Convicted Fresno killer chooses not to ask jury to spare his life

FRESNO, Calif.

In the penalty phase of his trial, Eddie Nealy decided not to testify, or present any evidence at all. The jury is about to make a life or death decision on Nealy, and they will do it without ever hearing from Nealy himself. But an Action News crew heard from him Monday as he announced his decision not to say a word in his own defense. "I have decided," Nealy said. "I'm not going to testify."

Eddie Nealy's only words in court Monday came before the jury deciding his fate entered the courtroom.
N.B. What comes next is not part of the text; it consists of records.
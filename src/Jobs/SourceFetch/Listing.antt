-- ===== src/Jobs/SourceFetch/Listing.antt =====
-- The bytes that are hashed for a tree say which tree it is.
use cosaci.Prelude.{
  ℕ, zero, suc, ◌/◌, ◌%◌, ◌^◌, ◌<◌, ◌≡◌, refl, ap, sym, ◌∙◌, List, [], ◌∷◌, ◌++◌, arith, length,
  All,
}
use cosaci.Submission.{to_le_bytes}
use cosaci.Jobs.SourceFetch.{Row, listing}

length-to_le_bytes : (width n : ℕ) → length (to_le_bytes width n) ≡ width
length-to_le_bytes zero n = refl
length-to_le_bytes (suc width) n = ap suc (length-to_le_bytes width (n / 256))

head_injective : (x y : ℕ) (xs ys : List ℕ) → x ∷ xs ≡ y ∷ ys → (x ≡ y) × (xs ≡ ys)
head_injective x y xs ys e = ground arith

-- A number below `256 ^ width` is known from its bytes.
to_le_bytes_injective :
    (width n m : ℕ)
    → n < 256 ^ width
    → m < 256 ^ width
    → to_le_bytes width n ≡ to_le_bytes width m
    → n ≡ m
to_le_bytes_injective zero n m h k e = omega arith
to_le_bytes_injective (suc width) n m h k e =
    let (low, high) = head_injective (n % 256) (m % 256) _ _ e in
    let rest = to_le_bytes_injective width (n / 256) (m / 256) (omega arith) (omega arith) high in
    omega arith

-- Two ways to cut a text at one place.
append_injective :
    (xs ys us vs : List ℕ) → length xs ≡ length ys → xs ++ us ≡ ys ++ vs → (xs ≡ ys) × (us ≡ vs)
append_injective [] [] us vs h e = (refl, e)
append_injective [] (y ∷ ys) us vs h e = absurd (omega arith)
append_injective (x ∷ xs) [] us vs h e = absurd (omega arith)
append_injective (x ∷ xs) (y ∷ ys) us vs h e =
    let (first, more) = head_injective x y (xs ++ us) (ys ++ vs) e in
    let (rest, tail) = append_injective xs ys us vs (omega arith) more in (ground arith, tail)

-- A row as the walk makes it: a `u64` length, a `u32` mode, a hash of 32 bytes.
pub record IsRow (row : Row) : Type 0 where
  pub path_fits : length row.path < 2 ^ 64
  pub mode_fits : row.mode < 2 ^ 32
  pub hash_size : length row.blob_sha ≡ 32

-- Two lists of rows with 64-bit path lengths, 32-bit modes and hashes of 32 bytes are hashed as
-- the same bytes only if they are the same: no path, mode or content can pass for part of another
-- row.
pub listing_injective :
    (rows others : List Row)
    → All IsRow rows
    → All IsRow others
    → listing rows ≡ listing others
    → rows ≡ others
unfolding listing
listing_injective [] [] a b e = refl
listing_injective [] (o ∷ others) a b e = absurd (omega (arith, ap length e))
listing_injective (r ∷ rows) [] a b e = absurd (omega (arith, ap length e))
listing_injective (r ∷ rows) (o ∷ others) a b e =
    let (count, e₁) =
      append_injective (to_le_bytes 8 (length r.path)) (to_le_bytes 8 (length o.path)) _ _
        (length-to_le_bytes 8 (length r.path) ∙ sym (length-to_le_bytes 8 (length o.path))) e in
    let same_length =
      to_le_bytes_injective 8 (length r.path) (length o.path) (omega (arith, a.0.path_fits))
        (omega (arith, b.0.path_fits)) count in
    let (path, e₂) = append_injective r.path o.path _ _ same_length e₁ in
    let (mode_bytes, e₃) =
      append_injective (to_le_bytes 4 r.mode) (to_le_bytes 4 o.mode) _ _
        (length-to_le_bytes 4 r.mode ∙ sym (length-to_le_bytes 4 o.mode)) e₂ in
    let mode =
      to_le_bytes_injective 4 r.mode o.mode (omega (arith, a.0.mode_fits))
        (omega (arith, b.0.mode_fits)) mode_bytes in
    let (blob, e₄) =
      append_injective r.blob_sha o.blob_sha _ _ (a.0.hash_size ∙ sym b.0.hash_size) e₃ in
    let rest = listing_injective rows others a.1 b.1 e₄ in ground arith
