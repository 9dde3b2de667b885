-- ===== src/Jobs/Examples.antt =====
-- Runs of the executor, and theorems on a host of two children, which write the same in other
-- pieces. SHA-256 is the identity here.
use cosaci.Prelude.{
  ℕ, zero, suc, ◌*◌, ◌≡◌, refl, false, true, Option, none, some, List, [], ◌∷◌, length, subst, take,
  All, Result, ok, err, arith,
}
use cosaci.Text.{codes, lines, strip_prefix, fields, decimal, decimal_onto}
use cosaci.NetworkPolicy.{deny_rest}
use cosaci.Wasm.{Wasmtime}
use cosaci.Jobs.{
  Limits, exec_native, capture_log, Pipeline, PipelineResult, success, stdout, stderr, Encoding,
  hash_canonical, outputs,
}
use cosaci.Jobs.Cgroup.{
  CgroupFiles, StepCgroup, try_create, current_cgroup_path, subtree_has_controller,
}
use cosaci.Jobs.Native.{
  was_killed, Poll, Child, wait_loop, wall_limit, killed_by_wall, exited_with, still_waits,
  wait_with_limits, execute_native_step, after_spawn, output_of_exit, read_capped, read_loop,
  captures_of, ended_hash,
}
use cosaci.Jobs.Reading.{contents}
use cosaci.Jobs.Running.{
  Host, PipelineError, run_step, run_steps, execute_pipeline, execute_capture_log_step,
}
use cosaci.Jobs.Captures.{IsGenuine, AreNumbered, execute_pipeline_sound}
use cosaci.Jobs.Determinism.{SameChild, same_child, Agree, execute_pipeline_deterministic}
use cosaci.Jobs.Ending.{wall_poll_interval, AreSpaced, IsServed, execute_pipeline_ends}
use cosaci.Jobs.SourceFetch.{no_git, Row, nil}
use cosaci.Jobs.SourceFetch.Listing.{IsRow, listing_injective}

abbrev files : CgroupFiles
files = record {
  self_cgroup = some (codes "0::/job");
  subtree_control = λ parent. some (codes "memory cpu");
  create_dir = true;
  write_memory_max = true;
}

abbrev done_poll : Poll
done_poll = record { try_wait = ok (some (record { code = some 0 })); elapsed = 0; cpu_stat = none }

abbrev child_of : List (Option (List ℕ)) → Child
child_of reads = record {
  waited = exited_with (record { code = some 0 });
  polls = done_poll ∷ [];
  dies = true;
  group_files = files;
  memory_events = none;
  stdout_reads = reads;
  stderr_reads = some [] ∷ [];
}

abbrev first_child : Child
first_child = child_of (some (1 ∷ 2 ∷ []) ∷ some [] ∷ [])

abbrev second_child : Child
second_child = child_of (some (1 ∷ []) ∷ some (2 ∷ []) ∷ some [] ∷ [])

abbrev idle : Wasmtime
idle = record {
  decode = λ args. err [];
  new_engine = λ setup. err [];
  new_module = λ setup wasm. err [];
  put_fuel = λ setup. err [];
  new_instance = λ setup wasm. err [];
  get_add = λ setup wasm. err [];
  call_add = λ setup wasm args. ok 0;
}

abbrev host_of : Child → Host
host_of child = record {
  wasmtime = idle;
  spawn = λ i command env. ok child;
  fetch = λ i url reference. record {
    has_tempdir = false;
    clone = no_git;
    checkout = no_git;
    rev_parse = no_git;
    workdir = nil;
  };
}

abbrev plain : Encoding
plain = record { sha256 = λ bytes. bytes; cbor = λ value. 5 ∷ [] }

abbrev no_limits : Limits
no_limits = record {
  cpu_seconds = 0;
  memory_mb = 0;
  wall_seconds = 0;
  network = record { allow = []; default = deny_rest };
}

abbrev pipeline : Pipeline
pipeline = record {
  steps = exec_native (codes "ls" ∷ []) [] no_limits ∷ capture_log (codes "log") ∷ [];
}

abbrev result : PipelineResult
result = record {
  steps =
      record { step_index = 0; status = success; output_hash = 5 ∷ [] }
      ∷ record { step_index = 1; status = success; output_hash = 5 ∷ [] }
      ∷ [];
  final_artifact_hash = 5 ∷ [];
  captures =
      record {
        step_index = 1;
        name = codes "log.stdout";
        kind = stdout;
        sha256 = 1 ∷ 2 ∷ [];
        length = 2;
        bytes_inline = 1 ∷ 2 ∷ [];
      }
      ∷ record {
        step_index = 1;
        name = codes "log.stderr";
        kind = stderr;
        sha256 = [];
        length = 0;
        bytes_inline = [];
      }
      ∷ [];
}

pipeline_run : execute_pipeline plain (host_of first_child) pipeline ≡ some (ok result)
unfolding execute_pipeline run_steps run_step execute_native_step after_spawn output_of_exit
    execute_capture_log_step wait_with_limits read_capped read_loop captures_of ended_hash
    try_create hash_canonical
pipeline_run = refl

execute_pipeline_sound_example :
    (length result.steps ≡ length pipeline.steps)
    × AreNumbered 0 result.steps
    × (5 ∷ [] ≡ hash_canonical plain (outputs result.steps))
    × All (IsGenuine plain) result.captures
execute_pipeline_sound_example =
    execute_pipeline_sound plain (host_of first_child) pipeline result pipeline_run

waits_alike :
    (w c : Option ℕ) (g : Option StepCgroup)
    → wait_with_limits first_child w c g ≡ wait_with_limits second_child w c g
unfolding wait_with_limits
waits_alike none none g = refl
waits_alike (some w) c g = refl
waits_alike none (some c) g = refl

killed_alike : (g : Option StepCgroup) → was_killed g first_child ≡ was_killed g second_child
killed_alike none = refl
killed_alike (some g) = refl

reads_alike : contents first_child.stdout_reads ≡ contents second_child.stdout_reads
unfolding contents
reads_alike = refl

children-SameChild : (limits : Limits) → SameChild limits first_child second_child
children-SameChild limits = record {
  same_outcome = waits_alike _ _ _;
  same_memory = killed_alike _;
  same_stdout = reads_alike;
  same_stderr = refl;
}

hosts-Agree : Agree plain (host_of first_child) (host_of second_child)
hosts-Agree = record {
  same_wasm = λ code args limits. refl;
  same_fetch = λ i url reference. refl;
  same_spawn = λ i command env limits. same_child (children-SameChild limits);
}

execute_pipeline_deterministic_example :
    execute_pipeline plain (host_of first_child) pipeline
    ≡ execute_pipeline plain (host_of second_child) pipeline
execute_pipeline_deterministic_example =
    execute_pipeline_deterministic plain (host_of first_child) (host_of second_child) pipeline
      hosts-Agree

-- A child that neither ends nor closes its pipes, seen at the turns of the first second and later.
abbrev turn : ℕ → Poll
turn n = record { try_wait = ok none; elapsed = n * wall_poll_interval; cpu_stat = none }

abbrev turns : ℕ → ℕ → List Poll
turns n zero = []
turns n (suc count) = turn n ∷ turns (suc n) count

abbrev hanging : Child
hanging = record {
  waited = still_waits;
  polls = turns 0 21;
  dies = true;
  group_files = files;
  memory_events = none;
  stdout_reads = [];
  stderr_reads = [];
}

abbrev one_second : Limits
one_second = record no_limits { wall_seconds = 1 }

abbrev hanging_pipeline : Pipeline
hanging_pipeline = record { steps = exec_native (codes "cat" ∷ []) [] one_second ∷ [] }

turns-AreSpaced : (n count : ℕ) → AreSpaced n (turns n count)
turns-AreSpaced n zero = tt
turns-AreSpaced n (suc count) = (omega arith, turns-AreSpaced (suc n) count)

hanging_killed :
    (group : Option StepCgroup)
    → wait_with_limits hanging (wall_limit one_second) none group ≡ some killed_by_wall
unfolding wait_with_limits wait_loop cosaci.Jobs.Cgroup.cpu_usage_usec
hanging_killed none = refl
hanging_killed (some g) = refl

abbrev spawned : Result Child ℕ
spawned = ok hanging

hanging-IsServed : IsServed one_second hanging
hanging-IsServed = record {
  spaced = turns-AreSpaced 0 21;
  observed = omega arith;
  killed = refl;
  closes = λ status e. let killed = hanging_killed (try_create files 0 0) in absurd (cc);
}

served : (child : Child) → spawned ≡ ok child → IsServed one_second child
served child e =
    let same : hanging ≡ child = ground arith in subst (IsServed one_second) same hanging-IsServed

-- Without the limit the run waits forever.
waits_forever :
    execute_pipeline plain
      (host_of hanging)
      (record { steps = exec_native (codes "cat" ∷ []) [] no_limits ∷ [] })
    ≡ none
unfolding execute_pipeline run_steps run_step execute_native_step after_spawn wait_with_limits
    try_create
waits_forever = refl

execute_pipeline_ends_example :
    (r : Result PipelineResult PipelineError) × (execute_pipeline plain
        (host_of hanging)
        hanging_pipeline
      ≡ some r)
execute_pipeline_ends_example =
    execute_pipeline_ends plain (host_of hanging) hanging_pipeline (omega arith, tt) (served, tt)

abbrev group : StepCgroup
group = record { parent = codes "/sys/fs/cgroup/job"; memory_max = some (codes "1048576") }

group_made : try_create files 1 1 ≡ some group
unfolding try_create current_cgroup_path subtree_has_controller lines strip_prefix fields decimal
    decimal_onto
group_made = refl

-- The content of each file is its hash, of as many bytes as a hash has.
abbrev digest : List ℕ
digest = take 32 (
    1 ∷ 2 ∷ 3 ∷ 4 ∷ 5 ∷ 6 ∷ 7 ∷ 8 ∷ 1 ∷ 2 ∷ 3 ∷ 4 ∷ 5 ∷ 6 ∷ 7 ∷ 8 ∷ 1 ∷ 2 ∷ 3 ∷ 4 ∷ 5 ∷ 6 ∷ 7 ∷ 8
    ∷ 1 ∷ 2 ∷ 3 ∷ 4 ∷ 5 ∷ 6 ∷ 7 ∷ 8 ∷ [])

abbrev rows : List Row
rows =
    record { path = codes "a"; mode = 33188; blob_sha = digest }
    ∷ record { path = codes "b"; mode = 33261; blob_sha = digest }
    ∷ []

rows-IsRow : All IsRow rows
rows-IsRow = (
  record { path_fits = omega arith; mode_fits = omega arith; hash_size = refl },
  (record { path_fits = omega arith; mode_fits = omega arith; hash_size = refl }, tt),
)

listing_injective_example : rows ≡ rows
listing_injective_example = listing_injective rows rows rows-IsRow rows-IsRow refl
Two weeks ago, the jury convicted him of Jody Wolfe's 1985 rape and murder. Nealy decided against trying to convince them to spare his life. In fact, he didn't even want them to hear from a psychologist scheduled to testify on his behalf.

"What's inside his report is just based on history of my life and that doesn't need to be out there," Nealy said.

His decision is a dangerous one, according to Action News legal analyst Tony Capozzi -- one that may give the jury no other alternative but to send him to death row.

"Anyone who's looking at a possible death penalty, I think the jury wants to hear from that person, find out what kind of person he is," Capozzi said. "At least get on the stand and still deny that you committed this offense."

Prosecutors let jurors know about Nealy's two prior rape convictions and presented evidence of two more alleged crimes, a murder four years after Wolfe's death, and another rape.

But Capozzi says Nealy's attorney is experienced in these situations. Eric Green says his client believes his best bet is to win an appeal, not to ask forgiveness for something he didn't do.

"I don't think Mr. Nealy is concerned about being immediately executed if they impose the death penalty," Green said. "I think he's more concerned about the fact that there's no physical evidence that he should've been convicted in this case to begin with."

Closing arguments in the penalty phase will come Tuesday morning. Then the jury will decide on either a death sentence or life without the possibility of parole. The jury took less than two hours to find Nealy guilty in the first phase.